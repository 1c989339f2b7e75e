-- ===== src/Queue/Slots.antt =====
-- common/system/queue.go: `SlotQueue`, whose mutex makes each method one step.
use walletus.Base.{
  ℕ, zero, suc, String, Result, ok, err, List, [], ◌∷◌, ◌++◌, Bool, true, false, if◌then◌else◌, ltb,
  length, take, drop, get_or, ◌-◌,
}
use walletus.Base.Int.{ℤ, pos, negsuc, int64}

-- `notify` is the channel's buffer of one.
pub record SlotQueue : Type 0 where
  pub slots : List ℕ
  pub notify : Bool

abbrev pub new_slot_queue : SlotQueue
new_slot_queue = record { slots = []; notify = false }

unfoldable pub enqueue : ℕ → SlotQueue → SlotQueue
enqueue item q = record { slots = q.slots ++ item ∷ []; notify = true }

unfoldable pub take_first : List ℕ → SlotQueue → Result String ℕ × SlotQueue
take_first [] q = (err "queue is empty", q)
take_first (item ∷ rest) q = (ok item, record q { slots = rest })

unfoldable pub dequeue : SlotQueue → Result String ℕ × SlotQueue
unfolding take_first
dequeue q = take_first q.slots q

unfoldable pub batch_dequeue : ℤ → SlotQueue → Result String (List ℕ) × SlotQueue
batch_dequeue (negsuc n) q = (err "wrong size", q)
batch_dequeue (pos zero) q = (err "wrong size", q)
batch_dequeue (pos (suc n)) q =
    if ltb (suc n) (length q.slots)
    then (ok (take (suc n) q.slots), record q { slots = drop (suc n) q.slots })
    else (ok q.slots, record q { slots = [] })

abbrev pub size : SlotQueue → ℕ
size q = length q.slots

-- `int(q.slots[0])`, or 0.
unfoldable pub first : SlotQueue → ℤ
first q = int64 (get_or q.slots 0 0)

unfoldable pub last : SlotQueue → ℤ
last q = int64 (get_or q.slots (length q.slots - 1) 0)

-- What a batch gives the handlers: an error gives them nothing.
abbrev pub items_of : Result String (List ℕ) → List ℕ
items_of (ok items) = items
items_of (err text) = []

-- The first rounds of `Consumer`'s inner loop, with the slots handed to the handlers in order.
unfoldable pub consumer : ℕ → ℤ → SlotQueue → List ℕ × SlotQueue
consumer zero size q = ([], q)
consumer (suc rounds) size q =
    let batch = batch_dequeue size q in
    let later = consumer rounds size batch.1 in (items_of batch.0 ++ later.0, later.1)
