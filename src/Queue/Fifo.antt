-- ===== src/Queue/Fifo.antt =====
-- common/system/queue.go against a first-in first-out history of the slots.
use walletus.Base.{
  ℕ, zero, suc, String, Result, ok, err, List, [], ◌∷◌, ◌++◌, ltb, length, ◌≡◌, refl, sym, ap, ◌∙◌,
  ◌≤◌, ◌<◌, ◌-◌, min, arith, if-rule, take-append-drop, length-take, length-drop, append-nil,
  append_assoc,
}
use walletus.Base.Int.{ℤ, pos, negsuc}
use walletus.Queue.Slots.{
  SlotQueue, take_first, enqueue, dequeue, batch_dequeue, items_of, consumer,
}

-- A call of one of the methods that change the queue.
pub data Call : Type 0 where
  call_enqueue : ℕ → Call
  call_dequeue : Call
  call_batch : ℤ → Call

item_of : Result String ℕ → List ℕ
item_of (ok item) = item ∷ []
item_of (err text) = []

-- The slots that a call hands out, and the queue after it.
unfoldable pub call : Call → SlotQueue → List ℕ × SlotQueue
unfolding item_of
call (call_enqueue item) q = ([], enqueue item q)
call call_dequeue q = let r = dequeue q in (item_of r.0, r.1)
call (call_batch n) q = let r = batch_dequeue n q in (items_of r.0, r.1)

unfoldable pub run : List Call → SlotQueue → List ℕ × SlotQueue
run [] q = ([], q)
run (c ∷ calls) q = let now = call c q in let later = run calls now.1 in (now.0 ++ later.0, later.1)

-- The specification: what was put in, in order.
unfoldable pub entered : List Call → List ℕ
entered [] = []
entered (call_enqueue item ∷ calls) = item ∷ entered calls
entered (call_dequeue ∷ calls) = entered calls
entered (call_batch n ∷ calls) = entered calls

take_first_lem :
    (xs : List ℕ) (q : SlotQueue)
    → q.slots ≡ xs
    → (item_of (take_first xs q).0 ++ (take_first xs q).1.slots) ≡ xs
unfolding item_of take_first
take_first_lem [] q e = e
take_first_lem (x ∷ xs) q e = refl

batch_dequeue_lem :
    (n : ℤ) (q : SlotQueue)
    → (items_of (batch_dequeue n q).0 ++ (batch_dequeue n q).1.slots) ≡ q.slots
unfolding batch_dequeue
batch_dequeue_lem (negsuc n) q = refl
batch_dequeue_lem (pos zero) q = refl
batch_dequeue_lem (pos (suc n)) q =
    if-rule {A = Result String (List ℕ) × SlotQueue} (λ r. (items_of r.0 ++ r.1.slots) ≡ q.slots)
      (ltb (suc n) (length q.slots)) (λ more. take-append-drop (suc n) q.slots)
      (λ all. append-nil q.slots)

call_lem :
    (c : Call) (q : SlotQueue)
    → ((call c q).0 ++ (call c q).1.slots) ≡ (q.slots ++ entered (c ∷ []))
unfolding call entered enqueue dequeue item_of
call_lem (call_enqueue item) q = refl
call_lem call_dequeue q = take_first_lem q.slots q refl ∙ sym (append-nil q.slots)
call_lem (call_batch n) q = batch_dequeue_lem n q ∙ sym (append-nil q.slots)

entered_cons :
    (c : Call) (calls : List Call) → entered (c ∷ calls) ≡ (entered (c ∷ []) ++ entered calls)
unfolding entered
entered_cons (call_enqueue item) calls = refl
entered_cons call_dequeue calls = refl
entered_cons (call_batch n) calls = refl

-- Whatever methods are called in whatever order, the slots handed out so far, followed by the
-- slots still in the queue, are the slots it had at the start followed by those put in, in order.
pub run_fifo :
    (calls : List Call) (q : SlotQueue)
    → ((run calls q).0 ++ (run calls q).1.slots) ≡ (q.slots ++ entered calls)
unfolding run entered
run_fifo [] q = sym (append-nil q.slots)
run_fifo (c ∷ calls) q =
    let now = call c q in
    let later = run calls now.1 in
    cc (
      append_assoc now.0 later.0 later.1.slots,
      run_fifo calls now.1,
      append_assoc now.0 now.1.slots (entered calls),
      call_lem c q,
      append_assoc q.slots (entered (c ∷ [])) (entered calls),
      entered_cons c calls,
    )

-- A batch of a positive size has as many slots as the size allows and the queue holds: it is never
-- longer than the size, and it is empty only when the queue is.
pub batch_dequeue-length :
    (n : ℕ) (q : SlotQueue)
    → 0 < n
    → length (items_of (batch_dequeue (pos n) q).0) ≡ min n (length q.slots)
unfolding batch_dequeue
batch_dequeue-length zero q h = absurd (omega arith)
batch_dequeue-length (suc n) q h =
    if-rule {A = Result String (List ℕ) × SlotQueue}
      (λ r. length (items_of r.0) ≡ min (suc n) (length q.slots)) (ltb (suc n) (length q.slots))
      (λ more. length-take (suc n) q.slots) (λ all. ground arith)

batch_dequeue_left :
    (n : ℕ) (q : SlotQueue)
    → length (batch_dequeue (pos (suc n)) q).1.slots ≡ length q.slots - suc n
unfolding batch_dequeue
batch_dequeue_left n q =
    if-rule {A = Result String (List ℕ) × SlotQueue}
      (λ r. length r.1.slots ≡ length q.slots - suc n) (ltb (suc n) (length q.slots))
      (λ more. length-drop (suc n) q.slots) (λ all. ground arith)

length-eq_zero : (xs : List ℕ) → length xs ≡ 0 → xs ≡ []
length-eq_zero [] h = refl
length-eq_zero (x ∷ xs) h = absurd (omega arith)

-- With batches of a positive size, a consumer hands every slot of the queue to the handlers, in
-- order, and empties the queue within as many rounds as the queue has slots.
pub consumer_drains :
    (rounds : ℕ) (n : ℕ) (q : SlotQueue)
    → 0 < n
    → length q.slots ≤ rounds
    → ((consumer rounds (pos n) q).0 ≡ q.slots) × ((consumer rounds (pos n) q).1.slots ≡ [])
unfolding consumer
consumer_drains rounds zero q h few = absurd (omega arith)
consumer_drains zero (suc n) q h few =
    let none_left = length-eq_zero q.slots (omega arith) in (sym none_left, none_left)
consumer_drains (suc rounds) (suc n) q h few =
    let batch = batch_dequeue (pos (suc n)) q in
    let rest = consumer_drains rounds (suc n) batch.1 h (omega (arith, batch_dequeue_left n q)) in
    (ap (λ later. items_of batch.0 ++ later) rest.0 ∙ batch_dequeue_lem (pos (suc n)) q, rest.1)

######

** TASK DETAILS **
Each line of the records that contains the string "refl" must be copied.

** EXPECTED ANSWER **
  ℕ, zero, suc, String, Result, ok, err, List, [], ◌∷◌, ◌++◌, ltb, length, ◌≡◌, refl, sym, ap, ◌∙◌,
take_first_lem (x ∷ xs) q e = refl
batch_dequeue_lem (negsuc n) q = refl
batch_dequeue_lem (pos zero) q = refl
call_lem (call_enqueue item) q = refl
call_lem call_dequeue q = take_first_lem q.slots q refl ∙ sym (append-nil q.slots)
entered_cons (call_enqueue item) calls = refl
entered_cons call_dequeue calls = refl
entered_cons (call_batch n) calls = refl
length-eq_zero [] h = refl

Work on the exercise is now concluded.